**What the exercise asks:**
Once the line containing "cond-IsOrderly m limits some_faults (not has_on_event)" is found in the entries below, reproduce it and every line after it, stopping at and including the line containing "changed m limits some_faults i (tear_down"; reproduce nothing else, and keep each line exact.

--- Listed entries ---

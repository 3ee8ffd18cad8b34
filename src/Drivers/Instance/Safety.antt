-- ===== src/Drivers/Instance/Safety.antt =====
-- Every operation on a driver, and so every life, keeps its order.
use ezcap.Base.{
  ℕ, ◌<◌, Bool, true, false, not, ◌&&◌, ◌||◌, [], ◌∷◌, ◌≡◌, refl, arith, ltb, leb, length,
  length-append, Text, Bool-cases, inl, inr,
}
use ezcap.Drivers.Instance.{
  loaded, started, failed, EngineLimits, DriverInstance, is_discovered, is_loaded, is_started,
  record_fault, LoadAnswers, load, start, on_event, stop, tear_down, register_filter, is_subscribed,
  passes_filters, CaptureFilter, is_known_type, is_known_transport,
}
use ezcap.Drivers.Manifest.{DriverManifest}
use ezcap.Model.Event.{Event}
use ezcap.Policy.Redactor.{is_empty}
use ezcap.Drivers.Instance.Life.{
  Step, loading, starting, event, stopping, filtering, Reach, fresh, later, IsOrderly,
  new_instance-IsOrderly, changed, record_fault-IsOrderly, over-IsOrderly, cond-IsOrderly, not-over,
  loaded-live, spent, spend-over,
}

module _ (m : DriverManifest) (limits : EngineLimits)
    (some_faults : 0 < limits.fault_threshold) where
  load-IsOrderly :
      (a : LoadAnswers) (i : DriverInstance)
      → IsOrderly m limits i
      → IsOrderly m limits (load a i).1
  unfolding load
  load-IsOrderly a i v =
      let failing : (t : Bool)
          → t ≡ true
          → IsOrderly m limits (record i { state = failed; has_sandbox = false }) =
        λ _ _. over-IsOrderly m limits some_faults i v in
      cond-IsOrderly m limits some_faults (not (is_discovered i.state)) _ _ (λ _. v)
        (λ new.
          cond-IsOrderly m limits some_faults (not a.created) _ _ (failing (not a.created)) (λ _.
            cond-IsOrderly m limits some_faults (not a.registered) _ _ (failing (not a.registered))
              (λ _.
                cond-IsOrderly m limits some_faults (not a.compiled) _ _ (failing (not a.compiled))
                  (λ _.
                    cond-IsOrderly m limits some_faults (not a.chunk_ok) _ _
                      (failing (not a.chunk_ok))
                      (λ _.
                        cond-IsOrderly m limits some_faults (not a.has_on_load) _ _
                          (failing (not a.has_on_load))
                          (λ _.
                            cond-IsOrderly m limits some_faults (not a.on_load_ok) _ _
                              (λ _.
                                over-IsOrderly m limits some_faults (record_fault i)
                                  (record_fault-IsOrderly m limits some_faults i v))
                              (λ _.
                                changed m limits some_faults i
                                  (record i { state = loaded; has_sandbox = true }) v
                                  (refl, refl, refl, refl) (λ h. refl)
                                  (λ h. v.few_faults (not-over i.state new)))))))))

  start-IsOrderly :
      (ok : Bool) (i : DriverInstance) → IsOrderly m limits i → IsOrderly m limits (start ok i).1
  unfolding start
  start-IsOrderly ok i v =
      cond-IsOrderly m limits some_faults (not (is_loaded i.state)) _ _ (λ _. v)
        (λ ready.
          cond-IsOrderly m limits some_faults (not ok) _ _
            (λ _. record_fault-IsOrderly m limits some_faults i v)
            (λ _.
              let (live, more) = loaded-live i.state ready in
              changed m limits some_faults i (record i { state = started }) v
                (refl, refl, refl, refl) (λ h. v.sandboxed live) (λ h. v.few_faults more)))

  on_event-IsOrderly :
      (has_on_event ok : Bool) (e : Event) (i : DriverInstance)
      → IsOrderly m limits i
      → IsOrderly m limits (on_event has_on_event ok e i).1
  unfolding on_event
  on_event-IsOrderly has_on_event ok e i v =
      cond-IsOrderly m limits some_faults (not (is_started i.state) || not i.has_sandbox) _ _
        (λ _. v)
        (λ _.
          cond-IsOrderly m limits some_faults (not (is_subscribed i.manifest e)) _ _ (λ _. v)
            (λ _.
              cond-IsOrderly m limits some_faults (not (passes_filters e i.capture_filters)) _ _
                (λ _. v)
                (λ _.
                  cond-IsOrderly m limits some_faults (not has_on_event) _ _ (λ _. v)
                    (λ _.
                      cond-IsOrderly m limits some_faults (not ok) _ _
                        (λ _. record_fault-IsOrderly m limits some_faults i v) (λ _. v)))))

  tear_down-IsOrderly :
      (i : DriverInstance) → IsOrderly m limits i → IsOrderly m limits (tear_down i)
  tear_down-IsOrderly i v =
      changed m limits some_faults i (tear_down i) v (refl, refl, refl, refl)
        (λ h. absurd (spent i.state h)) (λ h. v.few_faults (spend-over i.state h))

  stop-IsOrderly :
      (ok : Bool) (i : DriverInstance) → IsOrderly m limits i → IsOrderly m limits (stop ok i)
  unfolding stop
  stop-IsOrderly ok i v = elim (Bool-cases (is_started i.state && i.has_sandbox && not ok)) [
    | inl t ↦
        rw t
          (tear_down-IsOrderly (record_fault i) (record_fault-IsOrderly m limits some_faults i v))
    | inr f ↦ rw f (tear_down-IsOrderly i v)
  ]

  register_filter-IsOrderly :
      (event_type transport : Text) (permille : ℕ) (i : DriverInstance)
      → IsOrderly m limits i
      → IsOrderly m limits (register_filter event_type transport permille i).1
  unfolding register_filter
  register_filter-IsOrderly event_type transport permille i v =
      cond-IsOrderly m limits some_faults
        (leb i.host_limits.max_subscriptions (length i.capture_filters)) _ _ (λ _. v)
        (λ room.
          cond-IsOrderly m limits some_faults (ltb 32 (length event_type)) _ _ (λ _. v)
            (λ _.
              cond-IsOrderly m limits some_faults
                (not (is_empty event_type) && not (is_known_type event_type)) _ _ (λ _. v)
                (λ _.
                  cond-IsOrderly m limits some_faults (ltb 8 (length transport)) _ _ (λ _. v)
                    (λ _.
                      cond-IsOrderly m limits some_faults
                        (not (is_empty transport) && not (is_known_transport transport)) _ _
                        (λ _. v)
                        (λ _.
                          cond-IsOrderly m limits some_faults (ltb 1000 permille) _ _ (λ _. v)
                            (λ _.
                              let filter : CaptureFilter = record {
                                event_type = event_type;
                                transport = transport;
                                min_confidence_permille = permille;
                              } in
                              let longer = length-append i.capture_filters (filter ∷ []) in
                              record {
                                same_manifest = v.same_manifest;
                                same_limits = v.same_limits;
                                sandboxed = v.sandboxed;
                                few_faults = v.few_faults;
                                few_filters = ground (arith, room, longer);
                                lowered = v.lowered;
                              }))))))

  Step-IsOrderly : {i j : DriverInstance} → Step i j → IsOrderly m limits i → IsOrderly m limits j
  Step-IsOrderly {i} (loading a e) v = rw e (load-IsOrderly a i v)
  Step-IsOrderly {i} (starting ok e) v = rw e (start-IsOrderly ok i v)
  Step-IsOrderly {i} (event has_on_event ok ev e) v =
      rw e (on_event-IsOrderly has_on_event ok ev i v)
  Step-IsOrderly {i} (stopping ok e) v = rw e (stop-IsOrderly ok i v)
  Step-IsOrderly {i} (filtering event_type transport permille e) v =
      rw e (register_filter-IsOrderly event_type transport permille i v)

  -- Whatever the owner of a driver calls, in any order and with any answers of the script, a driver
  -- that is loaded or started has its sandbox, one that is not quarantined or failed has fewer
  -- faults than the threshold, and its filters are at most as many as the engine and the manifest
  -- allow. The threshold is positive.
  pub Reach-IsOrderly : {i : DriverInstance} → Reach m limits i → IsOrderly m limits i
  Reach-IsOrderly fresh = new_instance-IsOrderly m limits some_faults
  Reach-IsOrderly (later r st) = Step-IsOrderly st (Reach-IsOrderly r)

---

**Answer box:**
                  cond-IsOrderly m limits some_faults (not has_on_event) _ _ (λ _. v)
                    (λ _.
                      cond-IsOrderly m limits some_faults (not ok) _ _
                        (λ _. record_fault-IsOrderly m limits some_faults i v) (λ _. v)))))

  tear_down-IsOrderly :
      (i : DriverInstance) → IsOrderly m limits i → IsOrderly m limits (tear_down i)
  tear_down-IsOrderly i v =
      changed m limits some_faults i (tear_down i) v (refl, refl, refl, refl)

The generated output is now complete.